Another area of concern for the senate faculty is the recommendation to increase nonresident admissions to meet campus capacity, reaffirm the 60:40 ratio of upper division to lower division, and move towards a 1:2 ratio of community college transfers to freshmen: “Council conditionally agrees to most elements of Size & Shape 8. Council supports the Master Plan, but notes that the University’s commitment to the Master Plan should be contingent on the availability of state funds, as well as on the strength of the transfer pool (UCB, UCI, UCSB, AdvGrp). UCI questions whether a 60:40 upper to lower division ratio allows for a 1:2 ratio of transfers to freshmen. UCM comments that some community colleges are not adequately preparing students, and UCEP notes that more information on the progress of transfers is needed. Finally, the state should provide greater funding for upper division students before UC increases the number of transfers.” The council correctly stresses here that someone has to actually crunch the numbers to see what happens if the university expands the number of upper-division students through transfer as it reduces the number of freshman enrollments.

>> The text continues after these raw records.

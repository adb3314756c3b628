-- ===== src/LookAhead/Laws.antt =====
-- `look_ahead_index` finds the first child of a type at or behind a position, and never faults.
use pgify.Base.{
  ℕ, zero, suc, ◌+◌, ◌-◌, ◌<◌, ◌≤◌, ◌≡◌, ◌≢◌, inl, inr, refl, sym, ap, ◌∙◌, List, [], ◌∷◌, Option,
  none, some, ◌==◌, if◌then◌else◌, length, get_elem?, drop, length-drop, get_elem?-drop, arith,
  Bool-cases, eq_of_test, ne_of_test,
}
use pgify.Antlr.{Antlr, get_type, children, get_child_lem, get_child_count_lem}
use pgify.Result.{ok}
use pgify.LookAhead.{scan_index, look_ahead_index}

module _ {T : Type 0} ⦃a : Antlr T⦄ where
  -- The position of the first child of a type in a list whose head has the position `c`.
  abbrev pub find_type : ℕ → ℕ → List T → Option ℕ
  find_type lookfor c [] = none
  find_type lookfor c (x ∷ xs) =
      if get_type x == lookfor then some c else find_type lookfor (suc c) xs

  pub drop-cons :
      (xs : List T) (c : ℕ) {y : T} {ys : List T}
      → drop c xs ≡ y ∷ ys
      → (get_elem? xs c ≡ some y) × (drop (suc c) xs ≡ ys)
  drop-cons [] zero h = cc
  drop-cons [] (suc c) h = cc
  drop-cons (x ∷ xs) zero h = (cc, cc)
  drop-cons (x ∷ xs) (suc c) h = drop-cons xs c h

  scan_index-eq :
      (tree : T) (lookfor c : ℕ) (ys : List T)
      → drop c (children tree) ≡ ys
      → scan_index tree lookfor c (length ys) ≡ ok (find_type lookfor c ys)
  unfolding scan_index
  scan_index-eq tree lookfor c [] h = refl
  scan_index-eq tree lookfor c (y ∷ ys) h =
      let (here, next) = drop-cons (children tree) c h in
      ground (arith, get_child_lem tree c, here, scan_index-eq tree lookfor (suc c) ys next)

  -- The search is the first match in the children from the position on.
  pub look_ahead_index-eq :
      (tree : T) (from lookfor : ℕ)
      → look_ahead_index tree from lookfor ≡ ok (find_type lookfor from (drop from (children tree)))
  unfolding look_ahead_index
  look_ahead_index-eq tree from lookfor =
      rw (get_child_count_lem tree, ← length-drop from (children tree))
        (scan_index-eq tree lookfor from (drop from (children tree)) refl)

  find_type-none :
      (xs : List T) (lookfor c i : ℕ) {x : T}
      → find_type lookfor c xs ≡ none
      → get_elem? xs i ≡ some x
      → get_type x ≢ lookfor
  find_type-none [] lookfor c i h e = cc
  find_type-none (y ∷ xs) lookfor c zero {x} h e = ground (arith, ne_of_test (get_type x) lookfor)
  find_type-none (y ∷ xs) lookfor c (suc i) h e =
      find_type-none xs lookfor (suc c) i (ground arith) e

  find_type-some :
      (xs : List T) (lookfor c p : ℕ)
      → find_type lookfor c xs ≡ some p
      → (i : ℕ) × (p ≡ c + i) × (x : T) × (get_elem? xs i ≡ some x) × (get_type x ≡ lookfor)
  find_type-some [] lookfor c p h = cc
  find_type-some (x ∷ xs) lookfor c p h = elim (Bool-cases (get_type x == lookfor)) [
    | inl e ↦ (0, ground arith, x, refl, eq_of_test (get_type x) lookfor e)
    | inr e ↦
        let (i, pi, y, at, same) = find_type-some xs lookfor (suc c) p (ground arith) in
        (suc i, omega arith, y, at, same)
  ]

  find_type-before :
      (xs : List T) (lookfor c p : ℕ)
      → find_type lookfor c xs ≡ some p
      → (i : ℕ) {x : T} → c + i < p
      → get_elem? xs i ≡ some x
      → get_type x ≢ lookfor
  find_type-before [] lookfor c p h i lt e = cc
  find_type-before (y ∷ xs) lookfor c p h zero {x} lt e =
      ground (arith, ne_of_test (get_type x) lookfor)
  find_type-before (y ∷ xs) lookfor c p h (suc i) lt e = elim (Bool-cases (get_type y == lookfor)) [
    | inl same ↦ absurd (ground arith)
    | inr other ↦ find_type-before xs lookfor (suc c) p (ground arith) i (omega arith) e
  ]

-- What a search for the first child of a type, from a position on, has to answer.
pub data IsFirstFrom {T : Type 0} ⦃a : Antlr T⦄ (tree : T) (from lookfor : ℕ)
    : Option ℕ → Type 0 where
  absent :
      ((i : ℕ) (c : T) → from ≤ i → get_elem? (children tree) i ≡ some c → get_type c ≢ lookfor)
      → IsFirstFrom tree from lookfor none
  present :
      (p : ℕ) (x : T)
      → from ≤ p
      → get_elem? (children tree) p ≡ some x
      → get_type x ≡ lookfor
      → ((i : ℕ) (c : T)
          → from ≤ i
          → i < p
          → get_elem? (children tree) i ≡ some c
          → get_type c ≢ lookfor)
      → IsFirstFrom tree from lookfor (some p)

module _ {T : Type 0} ⦃a : Antlr T⦄ where
  behind :
      (xs : List T) (from i : ℕ) {c : T}
      → from ≤ i
      → get_elem? xs i ≡ some c
      → get_elem? (drop from xs) (i - from) ≡ some c
  behind xs from i le e =
      get_elem?-drop from xs (i - from)
      ∙ ap (get_elem? xs) {x = from + (i - from)} {y = i} (omega arith)
      ∙ e

  find_type-IsFirstFrom :
      (tree : T) (from lookfor : ℕ) (o : Option ℕ)
      → find_type lookfor from (drop from (children tree)) ≡ o
      → IsFirstFrom tree from lookfor o
  find_type-IsFirstFrom tree from lookfor none h =
      absent (λ i c le e.
        find_type-none _ lookfor from (i - from) h (behind (children tree) from i le e))
  find_type-IsFirstFrom tree from lookfor (some p) h =
      let (i, pi, x, at, same) = find_type-some _ lookfor from p h in
      present p x (omega arith)
        (ap (get_elem? (children tree)) {x = p} {y = from + i} (omega arith)
          ∙ sym (get_elem?-drop from (children tree) i)
          ∙ at)
        same
        (λ j c le lt e.
          find_type-before _ lookfor from p h (j - from) (omega arith)
            (behind (children tree) from j le e))

  -- The search never dereferences a missing child; it answers the position of the first child of
  -- the type at or behind `from`, and none exactly if there is no such child.
  pub look_ahead_index_lem :
      (tree : T) (from lookfor : ℕ)
      → (o : Option ℕ) × (look_ahead_index tree from lookfor ≡ ok o)
        × IsFirstFrom tree from lookfor o
  look_ahead_index_lem tree from lookfor =
      (_, look_ahead_index-eq tree from lookfor, find_type-IsFirstFrom tree from lookfor _ refl)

The council also strongly disagreed with Expanded Recommendation 3: although some faculty members do support the targeted expansion of self-supporting terminal Master’s degrees. Some concerns include: “1) Use of University resources. Council cautions that self-supporting programs usurp campus resources and should not be built on existing courses and infrastructure (UCD, UCSB). An analysis of potential competition between self-supporting and state-supported programs must be part of the approval process of any self-supporting program (UCD).” Many senate faculty committees have questioned the financial and academic soundness of promoting self-supporting programs that often end up drawing funding away from the core mission: “As with online education, the proposal would divert resources to new endeavors that are outside the core of the University based on the sometimes dubious assumptions that they will generate revenue. But the revenue goal is unrealistic, as it is based on high- cost MBA programs. The University is unlikely to generate ten times the annual net revenue by expanding to other areas. Choosing an arbitrary revenue target is not good academic planning (UCI, UCLA, UCEP).” The faculty have rightly concluded that many of the new proposed money-making schemes may actually cost money, while they function to undermine educational quality.

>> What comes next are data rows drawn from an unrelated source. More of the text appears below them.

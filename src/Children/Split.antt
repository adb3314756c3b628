-- ===== src/Children/Split.antt =====
-- Where the first child of a type stands, a list of children splits into those in front of it, which
-- are free of the type, the child, and those behind it.
use pgify.Base.{
  drop, zero, ℕ, suc, ◌+◌, ◌≡◌, ◌≢◌, inl, inr, refl, ap, ◌∙◌, List, [], ◌∷◌, ◌++◌, none, some,
  length, length-append, ◌==◌, if◌then◌else◌, arith, Bool-cases, eq_of_test, ne_of_test, test_of_ne,
  test_of_eq,
}
use pgify.Antlr.{Antlr, get_type, children}
use pgify.LookAhead.Laws.{find_type}

module _ {T : Type 0} ⦃a : Antlr T⦄ where
  -- No node of the list has the type.
  abbrev pub IsFree : ℕ → List T → Type 0
  IsFree kind [] = Unit {0}
  IsFree kind (x ∷ xs) = (get_type x ≢ kind) × IsFree kind xs

  -- The nodes of a list that have a type, and those that do not, in order.
  abbrev pub of_type : ℕ → List T → List T
  of_type kind [] = []
  of_type kind (x ∷ xs) = if get_type x == kind then x ∷ of_type kind xs else of_type kind xs

  abbrev pub without_type : ℕ → List T → List T
  without_type kind [] = []
  without_type kind (x ∷ xs) =
      if get_type x == kind then without_type kind xs else x ∷ without_type kind xs

  pub record SplitsAt (kind c : ℕ) (xs : List T) (p : ℕ) : Type 0 where
    pub front : List T
    pub at : T
    pub rest : List T
    pub splits : xs ≡ front ++ at ∷ rest
    pub position : p ≡ c + length front
    pub is_kind : get_type at ≡ kind
    pub free : IsFree kind front

  pub find_type-SplitsAt :
      (kind c : ℕ) (xs : List T) (p : ℕ) → find_type kind c xs ≡ some p → SplitsAt kind c xs p
  find_type-SplitsAt kind c [] p h = cc
  find_type-SplitsAt kind c (x ∷ xs) p h = elim (Bool-cases (get_type x == kind)) [
    | inl e ↦ record {
      front = [];
      at = x;
      rest = xs;
      splits = refl;
      position = ground arith;
      is_kind = eq_of_test _ _ e;
      free = tt;
    }
    | inr e ↦
        let later = find_type-SplitsAt kind (suc c) xs p (ground arith) in
        record {
          front = x ∷ later.front;
          at = later.at;
          rest = later.rest;
          splits = ap (◌∷◌ x) later.splits;
          position = omega (arith, later.position);
          is_kind = later.is_kind;
          free = (ne_of_test _ _ e, later.free);
        }
  ]

  pub find_type-IsFree : (kind c : ℕ) (xs : List T) → find_type kind c xs ≡ none → IsFree kind xs
  find_type-IsFree kind c [] h = tt
  find_type-IsFree kind c (x ∷ xs) h = elim (Bool-cases (get_type x == kind)) [
    | inl e ↦ cc (rw e at h)
    | inr e ↦ (ne_of_test _ _ e, find_type-IsFree kind (suc c) xs (rw e at h))
  ]

  pub find_type-append :
      (kind c : ℕ) (front : List T) (y : T) (back : List T)
      → IsFree kind front
      → get_type y ≡ kind
      → find_type kind c (front ++ y ∷ back) ≡ some (c + length front)
  find_type-append kind c [] y back f k =
      rw (test_of_eq _ _ k) (ap some {x = c} {y = c + 0} (omega arith))
  find_type-append kind c (x ∷ front) y back f k = rw (test_of_ne _ _ f.0) (
      find_type-append kind (suc c) front y back f.1 k
      ∙ ap some {x = suc c + length front} {y = c + suc (length front)} (omega arith))

  pub IsFree-find_type : (kind c : ℕ) (xs : List T) → IsFree kind xs → find_type kind c xs ≡ none
  IsFree-find_type kind c [] f = refl
  IsFree-find_type kind c (x ∷ xs) f =
      rw (test_of_ne _ _ f.0) (IsFree-find_type kind (suc c) xs f.1)

  pub IsFree-drop : (kind n : ℕ) (xs : List T) → IsFree kind xs → IsFree kind (drop n xs)
  IsFree-drop kind zero xs f = f
  IsFree-drop kind (suc n) [] f = tt
  IsFree-drop kind (suc n) (x ∷ xs) f = IsFree-drop kind n xs f.1

  pub IsFree-append :
      (kind : ℕ) (xs ys : List T) → IsFree kind xs → IsFree kind ys → IsFree kind (xs ++ ys)
  IsFree-append kind [] ys f g = g
  IsFree-append kind (x ∷ xs) ys f g = (f.0, IsFree-append kind xs ys f.1 g)

  pub of_type-IsFree :
      (kind : ℕ) (xs ys : List T) → IsFree kind xs → of_type kind (xs ++ ys) ≡ of_type kind ys
  of_type-IsFree kind [] ys f = refl
  of_type-IsFree kind (x ∷ xs) ys f = rw (test_of_ne _ _ f.0) (of_type-IsFree kind xs ys f.1)

  pub without_type-IsFree :
      (kind : ℕ) (xs ys : List T)
      → IsFree kind xs
      → without_type kind (xs ++ ys) ≡ xs ++ without_type kind ys
  without_type-IsFree kind [] ys f = refl
  without_type-IsFree kind (x ∷ xs) ys f =
      rw (test_of_ne _ _ f.0) (ap (◌∷◌ x) (without_type-IsFree kind xs ys f.1))

  pub IsFree-without_type : (kind : ℕ) (xs : List T) → IsFree kind (without_type kind xs)
  IsFree-without_type kind [] = tt
  IsFree-without_type kind (x ∷ xs) = elim (Bool-cases (get_type x == kind)) [
    | inl e ↦ rw e (IsFree-without_type kind xs)
    | inr e ↦ rw e (ne_of_test _ _ e, IsFree-without_type kind xs)
  ]

module _ {T : Type 0} ⦃a : Antlr T⦄ {kind c : ℕ} {xs : List T} {p : ℕ}
    (s : SplitsAt kind c xs p) where
  -- What the two filters make of a list that splits.
  pub without_type-SplitsAt : without_type kind xs ≡ s.front ++ without_type kind s.rest
  without_type-SplitsAt =
      ap (without_type kind) s.splits
      ∙ without_type-IsFree kind s.front (s.at ∷ s.rest) s.free
      ∙ rw (test_of_eq _ _ s.is_kind)

  pub of_type-SplitsAt : of_type kind xs ≡ s.at ∷ of_type kind s.rest
  of_type-SplitsAt =
      ap (of_type kind) s.splits
      ∙ of_type-IsFree kind s.front (s.at ∷ s.rest) s.free
      ∙ rw (test_of_eq _ _ s.is_kind)

  pub length-SplitsAt : length xs ≡ suc (length s.front + length s.rest)
  length-SplitsAt = omega (arith, ap length s.splits, length-append {0} s.front (s.at ∷ s.rest))

-- A node after a pass: its own token is as before, and its children are known.
pub record Rewritten {T : Type 0} ⦃a : Antlr T⦄ (t t' : T) (cs : List T) : Type 0 where
  pub type_kept : get_type t' ≡ get_type t
  pub children_are : children t' ≡ cs
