-- ===== src/Children/Each.antt =====
-- The loop over the children of a type, against a pass over the list of children.
use mathlib.Core.List.{append_assoc, append-nil}
use pgify.Base.{
  ℕ, zero, suc, ◌+◌, ◌<◌, ◌≡◌, refl, sym, ap, ◌∙◌, List, [], ◌∷◌, ◌++◌, none, some, inl, inr,
  length, length-append, get_elem?-append, set-append, drop, drop-append, ◌==◌, if◌then◌else◌,
  arith, Option-cases, test_of_eq, test_of_ne,
}
use pgify.Antlr.{
  Antlr, get_type, children, get_child, get_child_count, get_child_lem, get_child_count_lem,
  set_child, children-set_child, type-set_child,
}
use pgify.Children.{each_of_type_loop, each_of_type}
use pgify.Children.Split.{IsFree, find_type-SplitsAt, find_type-IsFree, length-SplitsAt, Rewritten}
use pgify.LookAhead.Laws.{find_type, look_ahead_index-eq}
use pgify.Result.{Result, ok, ◌>>=◌, bind-eq-ok}

module _ {T S : Type 0} ⦃a : Antlr T⦄ (kind : ℕ) (step : S → T → Result (S × T)) where
  -- A step run on the nodes of the type, from left to right; the others stay.
  abbrev pub map_type : S → List T → Result (S × List T)
  map_type s [] = ok (s, [])
  map_type s (x ∷ xs) =
      if get_type x == kind
      then (step s x >>= λ r. map_type r.0 xs >>= λ q. ok (q.0, r.1 ∷ q.1))
      else (map_type s xs >>= λ q. ok (q.0, x ∷ q.1))

  map_type-IsFree :
      (xs ys : List T) (s s' : S) {cs : List T}
      → IsFree kind xs
      → map_type s (xs ++ ys) ≡ ok (s', cs)
      → (ds : List T) × (map_type s ys ≡ ok (s', ds)) × (cs ≡ xs ++ ds)
  map_type-IsFree [] ys s s' {cs} f h = (cs, h, refl)
  map_type-IsFree (x ∷ xs) ys s s' {cs} f h =
      let h' : (map_type s (xs ++ ys) >>= λ q. ok (q.0, x ∷ q.1)) ≡ ok (s', cs) =
        rw (test_of_ne _ _ f.0) at h in
      let (q, now, e) = bind-eq-ok (map_type s (xs ++ ys)) (λ q. ok (q.0, x ∷ q.1)) h' in
      let (ds, rest, cut) = map_type-IsFree xs ys s q.0 {cs = q.1} f.1 now in (ds, rest ∙ cc, cc)

  -- The step at the node found, and the pass over the rest.
  record StepsTo (s : S) (x : T) (xs : List T) (s' : S) (cs : List T) : Type 0 where
    state : S
    node : T
    tail : List T
    stepped : step s x ≡ ok (state, node)
    rest : map_type state xs ≡ ok (s', tail)
    result : cs ≡ node ∷ tail

  map_type-StepsTo :
      (x : T) (xs : List T) (s s' : S) {cs : List T}
      → get_type x ≡ kind
      → map_type s (x ∷ xs) ≡ ok (s', cs)
      → StepsTo s x xs s' cs
  map_type-StepsTo x xs s s' {cs} k h =
      let h' : (step s x >>= λ r. map_type r.0 xs >>= λ q. ok (q.0, r.1 ∷ q.1)) ≡ ok (s', cs) =
        rw (test_of_eq _ _ k) at h in
      let (r, now, e) =
        bind-eq-ok (step s x) (λ r. map_type r.0 xs >>= λ q. ok (q.0, r.1 ∷ q.1)) h' in
      let (q, later, e') = bind-eq-ok (map_type r.0 xs) (λ q. ok (q.0, r.1 ∷ q.1)) e in
      record { state = r.0; node = r.1; tail = q.1; stepped = now; rest = later ∙ cc; result = cc }

  module _ (body : S → T → T → Result (S × T))
      (plain : (s : S) (p x : T) → body s p x ≡ step s x) where
    abbrev Maps : ℕ → T → List T → S → S → List T → Type 0
    Maps fuel tree front s s' cs =
        (tree' : T) × (each_of_type_loop kind body fuel (length front) s tree ≡ ok (s', tree'))
        × Rewritten tree tree' (front ++ cs)

    Maps-end :
        (fuel : ℕ) (tree : T) (front ys : List T) (s s' : S) (cs : List T)
        → children tree ≡ front ++ ys
        → find_type kind (length front) ys ≡ none
        → map_type s ys ≡ ok (s', cs)
        → Maps (suc fuel) tree front s s' cs
    unfolding each_of_type_loop
    Maps-end fuel tree front ys s s' cs h e runs =
        let (ds, ended, all) =
          map_type-IsFree ys [] s s' {cs = cs} (find_type-IsFree kind (length front) ys e)
            (rw append-nil runs) in
        let same : ys ≡ cs = cc (append-nil ys, all, ended) in
        (
          tree,
          rw (look_ahead_index-eq tree (length front) kind, h, drop-append front ys, e) (cc ended),
          record { type_kept = refl; children_are = h ∙ ap (◌++◌ front) same },
        )

    -- One round, on the node found behind the children that are done.
    Maps-round :
        (fuel : ℕ) (tree : T) (front mid : List T) (x : T) (ys : List T) (s s' : S) (tail : List T)
        (t : StepsTo s x ys s' tail)
        → children tree ≡ (front ++ mid) ++ x ∷ ys
        → find_type kind (length front) (drop (length front) (children tree))
          ≡ some (length (front ++ mid))
        → ((tree₁ : T)
            → children tree₁ ≡ ((front ++ mid) ++ t.node ∷ []) ++ ys
            → Maps fuel tree₁ ((front ++ mid) ++ t.node ∷ []) t.state s' t.tail)
        → Maps (suc fuel) tree front s s' (mid ++ tail)
    unfolding each_of_type_loop
    Maps-round fuel tree front mid x ys s s' tail t h e later =
        let p = length (front ++ mid) in
        let at : get_child tree p ≡ some x =
          get_child_lem tree p ∙ rw h (get_elem?-append (front ++ mid) x ys) in
        let shape : children (set_child tree p t.node) ≡ (front ++ mid) ++ t.node ∷ ys =
          children-set_child tree p t.node ∙ rw h (set-append (front ++ mid) x t.node ys) in
        let (tree', runs, r) =
          later (set_child tree p t.node)
            (shape ∙ sym (append_assoc (front ++ mid) (t.node ∷ []) ys)) in
        let place : p + 1 ≡ length ((front ++ mid) ++ t.node ∷ []) =
          omega (arith, length-append {0} (front ++ mid) (t.node ∷ [])) in
        (
          tree',
          rw (look_ahead_index-eq tree (length front) kind, e, at, plain s tree x, t.stepped, place)
              runs,
          record {
            type_kept = r.type_kept ∙ type-set_child tree p t.node;
            children_are =
                r.children_are
                ∙ append_assoc (front ++ mid) (t.node ∷ []) t.tail
                ∙ append_assoc front mid (t.node ∷ t.tail)
                ∙ ap (λ l. front ++ (mid ++ l)) (sym t.result);
          },
        )

    Maps-loop :
        (fuel : ℕ) (tree : T) (front ys : List T) (s s' : S) (cs : List T)
        → length ys < fuel
        → children tree ≡ front ++ ys
        → map_type s ys ≡ ok (s', cs)
        → Maps fuel tree front s s' cs
    Maps-loop zero tree front ys s s' cs lt h runs = absurd (omega arith)
    Maps-loop (suc fuel) tree front ys s s' cs lt h runs =
        elim (Option-cases (find_type kind (length front) ys)) [
          | inl e ↦ Maps-end fuel tree front ys s s' cs h e runs
          | inr (p, e) ↦
              let f = find_type-SplitsAt kind (length front) ys p e in
              let (tail, steps, all) =
                map_type-IsFree f.front (f.at ∷ f.rest) s s' {cs = cs} f.free
                  (rw f.splits at runs) in
              let t = map_type-StepsTo f.at f.rest s s' {cs = tail} f.is_kind steps in
              let whole : children tree ≡ (front ++ f.front) ++ f.at ∷ f.rest =
                h ∙ ap (◌++◌ front) f.splits ∙ sym (append_assoc front f.front (f.at ∷ f.rest)) in
              let place : p ≡ length (front ++ f.front) =
                omega (arith, f.position, length-append {0} front f.front) in
              rw all (
                Maps-round fuel tree front f.front f.at f.rest s s' tail t whole
                  (rw (h, drop-append front ys) (e ∙ ap some place))
                  (λ tree₁ h₁.
                    Maps-loop fuel tree₁ ((front ++ f.front) ++ t.node ∷ []) f.rest t.state s'
                      t.tail (omega (arith, length-SplitsAt f)) h₁ t.rest))
        ]

    -- Where the body looks at the child alone, the loop is the pass, and its fuel is enough.
    pub each_of_type_lem :
        (s s' : S) (tree : T) (cs : List T)
        → map_type s (children tree) ≡ ok (s', cs)
        → (tree' : T) × (each_of_type kind body s tree ≡ ok (s', tree')) × Rewritten tree tree' cs
    unfolding each_of_type
    each_of_type_lem s s' tree cs runs =
        Maps-loop (suc (get_child_count tree)) tree [] (children tree) s s' cs
          (omega (arith, get_child_count_lem tree)) refl runs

This criticism of the central administration’s push for privatization is also present in the senate faculty’s resistance to online education: “We reiterate that before proceeding beyond the pilot project, the University must evaluate course quality and cost effectiveness (UCLA, UCSD, UCSF). The proposed timetable and scale in this recommendation are unrealistic and incompatible with a rigorous process of evaluation (UCB, UCI, UCEP, AdvGrp). Similarly, while we restate our opposition to undergraduate online degrees pending evaluation of the pilot project and further consideration by the Senate, we will not restate our concerns about the appropriateness of online instruction in the UC context.” The council wants the university to slow down and first test online courses before it decides to increase the number of these classes.

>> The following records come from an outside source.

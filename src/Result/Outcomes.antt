-- ===== src/Result/Outcomes.antt =====
-- Partial correctness of a call: what holds of its value, if it ends with one.
use mathlib.Core.Path.{subst}
use pgify.Base.{◌≡◌, refl, Option, none, some, Bool, true, false, if◌then◌else◌}
use pgify.Result.{Result, ok, fault, Fault, ◌>>=◌}

pub data Ensures {A : Type 0} (P : A → Type 0) : Result A → Type 0 where
  returns : (a : A) → P a → Ensures P (ok a)
  faults : (e : Fault) → Ensures P (fault e)

ok-injective : {A : Type 0} {a b : A} → ok a ≡ ok b → a ≡ b
ok-injective h = cc

pub Ensures-ok : {A : Type 0} {P : A → Type 0} {m : Result A} {a : A} → Ensures P m → m ≡ ok a → P a
Ensures-ok {P} (returns b p) h = subst P (ok-injective h) p
Ensures-ok (faults e) h = cc

module _ {A B : Type 0} {P : A → Type 0} {Q : B → Type 0} where
  pub Ensures-bind :
      {m : Result A} (f : A → Result B)
      → Ensures P m
      → ((a : A) → P a → Ensures Q (f a))
      → Ensures Q (m >>= f)
  Ensures-bind f (returns a p) k = k a p
  Ensures-bind f (faults e) k = faults e

-- Of any call nothing is known.
abbrev pub Anything : {A : Type 0} → A → Type 0
Anything a = Unit {0}

pub Ensures-any : {A : Type 0} (m : Result A) → Ensures Anything m
Ensures-any (ok a) = returns a tt
Ensures-any (fault e) = faults e

-- A step whose value is only handed on.
pub Ensures-step :
    {A B : Type 0} {Q : B → Type 0} (m : Result A) (f : A → Result B)
    → ((a : A) → Ensures Q (f a))
    → Ensures Q (m >>= f)
Ensures-step m f k = Ensures-bind f (Ensures-any m) (λ a _. k a)

-- A split on an answer that may be none.
pub Ensures-option :
    {A B : Type 0} {Q : B → Type 0} (o : Option A) {m : Result B} {f : A → Result B}
    → Ensures Q m
    → ((a : A) → Ensures Q (f a))
    → Ensures Q (elim o [ none ↦ m | some a ↦ f a ])
Ensures-option none p k = p
Ensures-option (some a) p k = k a

pub Ensures-if :
    {B : Type 0} {Q : B → Type 0} (b : Bool) {m n : Result B}
    → Ensures Q m
    → Ensures Q n
    → Ensures Q (if b then m else n)
Ensures-if true p q = p
Ensures-if false p q = q

-- The same split, written as an `elim`.
pub Ensures-choice :
    {B : Type 0} {Q : B → Type 0} (b : Bool) {m n : Result B}
    → Ensures Q m
    → Ensures Q n
    → Ensures Q (elim b [ true ↦ m | false ↦ n ])
Ensures-choice true p q = p
Ensures-choice false p q = q

-- Total correctness: the call ends with a value, and what holds of it.
abbrev pub Runs : {A : Type 0} → (A → Type 0) → Result A → Type 0
Runs {A} P m = (a : A) × (m ≡ ok a) × P a

pub Runs-ok : {A : Type 0} {P : A → Type 0} (a : A) → P a → Runs P (ok a)
Runs-ok a p = (a, refl, p)

pub Runs-bind :
    {A B : Type 0} {P : A → Type 0} {Q : B → Type 0} {m : Result A} (f : A → Result B)
    → Runs P m
    → ((a : A) → P a → Runs Q (f a))
    → Runs Q (m >>= f)
Runs-bind f (a, e, p) k = rw e (k a p)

In the coming months, we shall see if the administration is really taking the senate faculty’s views into account. If not, faculty should join with student groups and unions to fight this move to centralize and privative the University of California.


  1. What more evidence do you need? No more waiting; the time to fight is now.

  2. Yeah, good luck getting apathetic UC faculty to realize what is going on. They are like the proverbial frog in the proverbial pot of boiling water.